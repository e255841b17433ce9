-- ===== src/Network/Reactor.antt =====
-- A `TcpServer` with its loops, src/network/eventloop.cc, group.hpp and tcp_server.cc: what `accept`
-- gives goes to a demultiplexer of the group, and each demultiplexer's thread hands on what
-- `epoll_wait` gives. The server is subscribed to all of them, so that what they notify reaches it at
-- once.
pub mod Heard
pub mod Ends
pub mod Rounds
pub mod Watch
pub mod Race
mod Tests
use rproxy.Base.{ℕ, true, Option, List, [], ◌∷◌, if◌then◌else◌, Result, ok, err, ◌>>=◌, undefined}
use rproxy.Base.Eq.{nat_eq, same}
use rproxy.Network.Addr.{InetAddr}
use rproxy.Network.Demultiplex.{Demultiplex, Effect, notifies, demultiplex_wait}
use rproxy.Network.Group.{Group, register_fd}
use rproxy.Network.Server.{TcpServer, add_effects, update}
use rproxy.Pubsub.Event.{Resp}

-- `owner` is the demultiplexer of the channel of each descriptor.
pub record Reactor : Type 0 where
  pub group : Group
  pub owner : ℕ → Demultiplex
  pub server : TcpServer

pub data Event : Type 0 where
  accepts : (fd : ℕ) → Event
  reports : Demultiplex → List Resp → Event

unfoldable pub owned : ℕ → Demultiplex → (ℕ → Demultiplex) → ℕ → Demultiplex
owned fd d owner j = if same fd j then d else owner j

module _ (peer : ℕ → InetAddr) (write : ℕ → List ℕ → Option ℕ) where
  -- What a demultiplexer does: the server handles what it notifies, and the rest is for the kernel.
  unfoldable pub deliver : (ℕ → Demultiplex) → List Effect → TcpServer → Result TcpServer
  deliver owner [] sv = ok sv
  deliver owner (notifies id t ctx ∷ es) sv =
      update owner peer write ctx sv >>= λ sv'. deliver owner es sv'
  deliver owner (e ∷ es) sv = deliver owner es (add_effects (e ∷ []) sv)

  -- A round of `EventLoop::loop`, for what `accept` gave.
  unfoldable pub accept_round : ℕ → Reactor → Result Reactor
  accept_round fd r = elim r.group.iter [
    | [] ↦ err undefined
    | d ∷ rest ↦ (do
      (group, es) ← register_fd fd r.group
      sv ← deliver (owned fd d r.owner) es r.server
      ok (record { group = group; owner = owned fd d r.owner; server = sv }))
  ]

  -- A round of `LoopThreadGroup::run`, whose group is made with `notify_` true, for what `epoll_wait`
  -- gave.
  unfoldable pub wait_round : Demultiplex → List Resp → Reactor → Result Reactor
  wait_round d resps r = deliver r.owner (demultiplex_wait resps true d) r.server >>= λ sv.
      ok (record r { server = sv })

  unfoldable pub step : Event → Reactor → Result Reactor
  step (accepts fd) r = accept_round fd r
  step (reports d resps) r = wait_round d resps r

  unfoldable pub run : List Event → Reactor → Result Reactor
  run [] r = ok r
  run (e ∷ es) r = step e r >>= λ r'. run es r'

◆ What the exercise asks:
What you give back should be exactly the lines of the data above from the line with "pub server : TcpServer" through the line with "-- What a demultiplexer", both of those included, and nothing more.

◆ Exercise solution:
  pub server : TcpServer

pub data Event : Type 0 where
  accepts : (fd : ℕ) → Event
  reports : Demultiplex → List Resp → Event

unfoldable pub owned : ℕ → Demultiplex → (ℕ → Demultiplex) → ℕ → Demultiplex
owned fd d owner j = if same fd j then d else owner j

module _ (peer : ℕ → InetAddr) (write : ℕ → List ℕ → Option ℕ) where
  -- What a demultiplexer does: the server handles what it notifies, and the rest is for the kernel.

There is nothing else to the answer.